--- Supplied data ---

-- ===== src/Storage/AppliedPos/Refine.antt =====
-- The file of src/storage/index.rs by its bytes, and by what its two slots read as: one refines the
-- other.
use dewdb.Prelude.{
  ℕ, ◌+◌, ◌*◌, ◌%◌, ◌^◌, ◌≤◌, ◌<◌, ◌≡◌, inl, inr, refl, sym, ap, ◌∙◌, ◌==◌, ◌++◌, Bytes, length,
  drop, some, arith, if◌then◌else◌, Bool-cases,
}
use dewdb.Storage.AppliedPos.{
  write_at, AppliedPos, Slot, damaged, written, pos_slot, pos_encode, pos_decode, pos_read,
  complete, torn, slot_bytes, pos_save, PosSlots, read_slots, lands, tears, slot_after, save_slots,
}
use dewdb.Storage.AppliedPos.Slots.{IsTwo, slot_at, pos_encode-length, pos_decode-encode}
use dewdb.Storage.AppliedPos.Torn.{
  newest_of_slots, after, after-pos_save, next_slot-IsWritten, length-rest_of, nothing_left,
  unwrapped,
}

abbrev of_slots : Slot → Slot → ℕ → PosSlots
of_slots a b seq = record { first = a; second = b; seq = seq }

slots_eq : (a b c d : Slot) (seq : ℕ) → a ≡ c → b ≡ d → of_slots a b seq ≡ of_slots c d seq
slots_eq a b c d seq f g = ap (λ s. of_slots s b seq) f ∙ ap (λ s. of_slots c s seq) g

module _ (crc32 : Bytes → ℕ) where
  abbrev pub slots_of : AppliedPos → PosSlots
  slots_of p = record {
    first = pos_decode crc32 (slot_at 0 p.file);
    second = pos_decode crc32 (slot_at pos_slot p.file);
    seq = p.seq;
  }

  reads_slots :
      (p : AppliedPos) → IsTwo p.file → pos_read crc32 (some p.file) ≡ read_slots (slots_of p)
  unfolding pos_read read_slots
  reads_slots p two =
      rw
        (
          newest_of_slots crc32 p.file (pos_decode crc32 (slot_at 0 p.file))
              (pos_decode crc32 (slot_at pos_slot p.file)) two refl refl,
          pos_read,
        )
        refl

  -- One slot replaced, and the number of the save.
  replaced : Slot → PosSlots → PosSlots
  replaced s p =
      if (p.seq + 1) % 2 == 0
      then record { first = s; second = p.second; seq = p.seq + 1 }
      else record { first = p.first; second = s; seq = p.seq + 1 }

  slots_of-after :
      (p : AppliedPos) (r : Bytes) (s : Slot)
      → IsTwo p.file
      → length r ≤ 512
      → pos_decode crc32 (r ++ drop (length r) (slot_at ((p.seq + 1) % 2 * pos_slot) p.file)) ≡ s
      → slots_of (after crc32 p r) ≡ replaced s (slots_of p)
  unfolding after replaced
  slots_of-after p r s two le e =
      let (l, here, there) = next_slot-IsWritten crc32 p r two le in
      let file : Bytes = write_at ((p.seq + 1) % 2 * pos_slot) r p.file in
      let own = ap (pos_decode crc32) here ∙ e in
      let kept = ap (pos_decode crc32) there in
      elim (Bool-cases ((p.seq + 1) % 2 == 0)) [
        | inl even ↦
            let at : (p.seq + 1) % 2 * pos_slot ≡ 0 = ground arith in
            let other : p.seq % 2 * pos_slot ≡ pos_slot = ground arith in
            rw even (
              slots_eq _ _ _ _ (p.seq + 1)
                (ap (λ k. pos_decode crc32 (slot_at k file)) (sym at) ∙ own)
                (ap (λ k. pos_decode crc32 (slot_at k file)) (sym other)
                  ∙ kept
                  ∙ ap (λ k. pos_decode crc32 (slot_at k p.file)) other))
        | inr odd ↦
            let at : (p.seq + 1) % 2 * pos_slot ≡ pos_slot = ground arith in
            let other : p.seq % 2 * pos_slot ≡ 0 = ground arith in
            rw odd (
              slots_eq _ _ _ _ (p.seq + 1)
                (ap (λ k. pos_decode crc32 (slot_at k file)) (sym other)
                  ∙ kept
                  ∙ ap (λ k. pos_decode crc32 (slot_at k p.file)) other)
                (ap (λ k. pos_decode crc32 (slot_at k file)) (sym at) ∙ own))
      ]

  save_slots-lands :
      (p : PosSlots) (next : ℕ)
      → p.seq + 1 < 2 ^ 64
      → save_slots lands next p ≡ replaced (written (p.seq + 1) next) p
  unfolding save_slots slot_after replaced
  save_slots-lands p next small = rw (unwrapped (p.seq + 1) small) refl

  save_slots-tears :
      (p : PosSlots) (next : ℕ) → p.seq + 1 < 2 ^ 64 → save_slots tears next p ≡ replaced damaged p
  unfolding save_slots slot_after replaced
  save_slots-tears p next small = rw (unwrapped (p.seq + 1) small) refl

  slots_of-complete :
      (p : AppliedPos) (next : ℕ)
      → ((b : Bytes) → crc32 b < 2 ^ 32)
      → IsTwo p.file
      → p.seq + 1 < 2 ^ 64
      → next < 2 ^ 64
      → slots_of (pos_save crc32 complete p next) ≡ save_slots lands next (slots_of p)
  unfolding slot_bytes
  slots_of-complete p next word two small fits =
      let at : ℕ = (p.seq + 1) % 2 * pos_slot in
      let l : length (pos_encode crc32 (p.seq + 1) next) ≡ 24 =
        pos_encode-length crc32 (p.seq + 1) next in
      let le : length (pos_encode crc32 (p.seq + 1) next) ≤ 512 = omega arith in
      ap slots_of (after-pos_save crc32 complete p next small)
      ∙ slots_of-after p (pos_encode crc32 (p.seq + 1) next) (written (p.seq + 1) next) two le (
          pos_decode-encode crc32 (p.seq + 1) next
            (drop (length (pos_encode crc32 (p.seq + 1) next)) (slot_at at p.file)) word small fits
            (omega (arith, length-rest_of crc32 p (pos_encode crc32 (p.seq + 1) next) two le)))
      ∙ sym (save_slots-lands (slots_of p) next small)

  slots_of-torn :
      (p : AppliedPos) (next : ℕ) (bytes : Bytes)
      → IsTwo p.file
      → p.seq + 1 < 2 ^ 64
      → length bytes ≡ pos_slot
      → pos_decode crc32 bytes ≡ damaged
      → slots_of (pos_save crc32 (torn bytes) p next) ≡ save_slots tears next (slots_of p)
  unfolding slot_bytes
  slots_of-torn p next bytes two small l bad =
      ap slots_of (after-pos_save crc32 (torn bytes) p next small)
      ∙ slots_of-after p bytes damaged two (omega arith) (
          ap (pos_decode crc32)
            (nothing_left bytes _ l (omega (arith, length-rest_of crc32 p bytes two (omega arith))))
          ∙ bad)
      ∙ sym (save_slots-tears (slots_of p) next small)

-- The bytes of the position file refine its two slots. For a file of the right length a read
-- gives what the two slots read as; a save of a number that does not wrap, on what its record
-- fits, does to the bytes what landing does to the slots; and one that tears, leaving bytes that
-- read as damaged, what tearing does to them.
pub bytes_refine_slots :
    (crc32 : Bytes → ℕ) (p : AppliedPos) (next : ℕ) (bytes : Bytes)
    → ((b : Bytes) → crc32 b < 2 ^ 32)
    → IsTwo p.file
    → p.seq + 1 < 2 ^ 64
    → next < 2 ^ 64
    → length bytes ≡ pos_slot
    → pos_decode crc32 bytes ≡ damaged
    → (pos_read crc32 (some p.file) ≡ read_slots (slots_of crc32 p))
      × (slots_of crc32 (pos_save crc32 complete p next) ≡ save_slots lands next (slots_of crc32 p))
      × (slots_of crc32 (pos_save crc32 (torn bytes) p next)
          ≡ save_slots tears next (slots_of crc32 p))
bytes_refine_slots crc32 p next bytes word two small fits l bad = (
  reads_slots crc32 p two,
  slots_of-complete crc32 p next word two small fits,
  slots_of-torn crc32 p next bytes two small l bad,
)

---

▸ Problem statement: Every single entry is to be retyped exactly.

▸ Completed exercise:
-- ===== src/Storage/AppliedPos/Refine.antt =====
-- The file of src/storage/index.rs by its bytes, and by what its two slots read as: one refines the
-- other.
use dewdb.Prelude.{
  ℕ, ◌+◌, ◌*◌, ◌%◌, ◌^◌, ◌≤◌, ◌<◌, ◌≡◌, inl, inr, refl, sym, ap, ◌∙◌, ◌==◌, ◌++◌, Bytes, length,
  drop, some, arith, if◌then◌else◌, Bool-cases,
}
use dewdb.Storage.AppliedPos.{
  write_at, AppliedPos, Slot, damaged, written, pos_slot, pos_encode, pos_decode, pos_read,
  complete, torn, slot_bytes, pos_save, PosSlots, read_slots, lands, tears, slot_after, save_slots,
}
use dewdb.Storage.AppliedPos.Slots.{IsTwo, slot_at, pos_encode-length, pos_decode-encode}
use dewdb.Storage.AppliedPos.Torn.{
  newest_of_slots, after, after-pos_save, next_slot-IsWritten, length-rest_of, nothing_left,
  unwrapped,
}

abbrev of_slots : Slot → Slot → ℕ → PosSlots
of_slots a b seq = record { first = a; second = b; seq = seq }

slots_eq : (a b c d : Slot) (seq : ℕ) → a ≡ c → b ≡ d → of_slots a b seq ≡ of_slots c d seq
slots_eq a b c d seq f g = ap (λ s. of_slots s b seq) f ∙ ap (λ s. of_slots c s seq) g

module _ (crc32 : Bytes → ℕ) where
  abbrev pub slots_of : AppliedPos → PosSlots
  slots_of p = record {
    first = pos_decode crc32 (slot_at 0 p.file);
    second = pos_decode crc32 (slot_at pos_slot p.file);
    seq = p.seq;
  }

  reads_slots :
      (p : AppliedPos) → IsTwo p.file → pos_read crc32 (some p.file) ≡ read_slots (slots_of p)
  unfolding pos_read read_slots
  reads_slots p two =
      rw
        (
          newest_of_slots crc32 p.file (pos_decode crc32 (slot_at 0 p.file))
              (pos_decode crc32 (slot_at pos_slot p.file)) two refl refl,
          pos_read,
        )
        refl

  -- One slot replaced, and the number of the save.
  replaced : Slot → PosSlots → PosSlots
  replaced s p =
      if (p.seq + 1) % 2 == 0
      then record { first = s; second = p.second; seq = p.seq + 1 }
      else record { first = p.first; second = s; seq = p.seq + 1 }

  slots_of-after :
      (p : AppliedPos) (r : Bytes) (s : Slot)
      → IsTwo p.file
      → length r ≤ 512
      → pos_decode crc32 (r ++ drop (length r) (slot_at ((p.seq + 1) % 2 * pos_slot) p.file)) ≡ s
      → slots_of (after crc32 p r) ≡ replaced s (slots_of p)
  unfolding after replaced
  slots_of-after p r s two le e =
      let (l, here, there) = next_slot-IsWritten crc32 p r two le in
      let file : Bytes = write_at ((p.seq + 1) % 2 * pos_slot) r p.file in
      let own = ap (pos_decode crc32) here ∙ e in
      let kept = ap (pos_decode crc32) there in
      elim (Bool-cases ((p.seq + 1) % 2 == 0)) [
        | inl even ↦
            let at : (p.seq + 1) % 2 * pos_slot ≡ 0 = ground arith in
            let other : p.seq % 2 * pos_slot ≡ pos_slot = ground arith in
            rw even (
              slots_eq _ _ _ _ (p.seq + 1)
                (ap (λ k. pos_decode crc32 (slot_at k file)) (sym at) ∙ own)
                (ap (λ k. pos_decode crc32 (slot_at k file)) (sym other)
                  ∙ kept
                  ∙ ap (λ k. pos_decode crc32 (slot_at k p.file)) other))
        | inr odd ↦
            let at : (p.seq + 1) % 2 * pos_slot ≡ pos_slot = ground arith in
            let other : p.seq % 2 * pos_slot ≡ 0 = ground arith in
            rw odd (
              slots_eq _ _ _ _ (p.seq + 1)
                (ap (λ k. pos_decode crc32 (slot_at k file)) (sym other)
                  ∙ kept
                  ∙ ap (λ k. pos_decode crc32 (slot_at k p.file)) other)
                (ap (λ k. pos_decode crc32 (slot_at k file)) (sym at) ∙ own))
      ]

  save_slots-lands :
      (p : PosSlots) (next : ℕ)
      → p.seq + 1 < 2 ^ 64
      → save_slots lands next p ≡ replaced (written (p.seq + 1) next) p
  unfolding save_slots slot_after replaced
  save_slots-lands p next small = rw (unwrapped (p.seq + 1) small) refl

  save_slots-tears :
      (p : PosSlots) (next : ℕ) → p.seq + 1 < 2 ^ 64 → save_slots tears next p ≡ replaced damaged p
  unfolding save_slots slot_after replaced
  save_slots-tears p next small = rw (unwrapped (p.seq + 1) small) refl

  slots_of-complete :
      (p : AppliedPos) (next : ℕ)
      → ((b : Bytes) → crc32 b < 2 ^ 32)
      → IsTwo p.file
      → p.seq + 1 < 2 ^ 64
      → next < 2 ^ 64
      → slots_of (pos_save crc32 complete p next) ≡ save_slots lands next (slots_of p)
  unfolding slot_bytes
  slots_of-complete p next word two small fits =
      let at : ℕ = (p.seq + 1) % 2 * pos_slot in
      let l : length (pos_encode crc32 (p.seq + 1) next) ≡ 24 =
        pos_encode-length crc32 (p.seq + 1) next in
      let le : length (pos_encode crc32 (p.seq + 1) next) ≤ 512 = omega arith in
      ap slots_of (after-pos_save crc32 complete p next small)
      ∙ slots_of-after p (pos_encode crc32 (p.seq + 1) next) (written (p.seq + 1) next) two le (
          pos_decode-encode crc32 (p.seq + 1) next
            (drop (length (pos_encode crc32 (p.seq + 1) next)) (slot_at at p.file)) word small fits
            (omega (arith, length-rest_of crc32 p (pos_encode crc32 (p.seq + 1) next) two le)))
      ∙ sym (save_slots-lands (slots_of p) next small)

  slots_of-torn :
      (p : AppliedPos) (next : ℕ) (bytes : Bytes)
      → IsTwo p.file
      → p.seq + 1 < 2 ^ 64
      → length bytes ≡ pos_slot
      → pos_decode crc32 bytes ≡ damaged
      → slots_of (pos_save crc32 (torn bytes) p next) ≡ save_slots tears next (slots_of p)
  unfolding slot_bytes
  slots_of-torn p next bytes two small l bad =
      ap slots_of (after-pos_save crc32 (torn bytes) p next small)
      ∙ slots_of-after p bytes damaged two (omega arith) (
          ap (pos_decode crc32)
            (nothing_left bytes _ l (omega (arith, length-rest_of crc32 p bytes two (omega arith))))
          ∙ bad)
      ∙ sym (save_slots-tears (slots_of p) next small)

-- The bytes of the position file refine its two slots. For a file of the right length a read
-- gives what the two slots read as; a save of a number that does not wrap, on what its record
-- fits, does to the bytes what landing does to the slots; and one that tears, leaving bytes that
-- read as damaged, what tearing does to them.
pub bytes_refine_slots :
    (crc32 : Bytes → ℕ) (p : AppliedPos) (next : ℕ) (bytes : Bytes)
    → ((b : Bytes) → crc32 b < 2 ^ 32)
    → IsTwo p.file
    → p.seq + 1 < 2 ^ 64
    → next < 2 ^ 64
    → length bytes ≡ pos_slot
    → pos_decode crc32 bytes ≡ damaged
    → (pos_read crc32 (some p.file) ≡ read_slots (slots_of crc32 p))
      × (slots_of crc32 (pos_save crc32 complete p next) ≡ save_slots lands next (slots_of crc32 p))
      × (slots_of crc32 (pos_save crc32 (torn bytes) p next)
          ≡ save_slots tears next (slots_of crc32 p))
bytes_refine_slots crc32 p next bytes word two small fits l bad = (
  reads_slots crc32 p two,
  slots_of-complete crc32 p next word two small fits,
  slots_of-torn crc32 p next bytes two small l bad,
)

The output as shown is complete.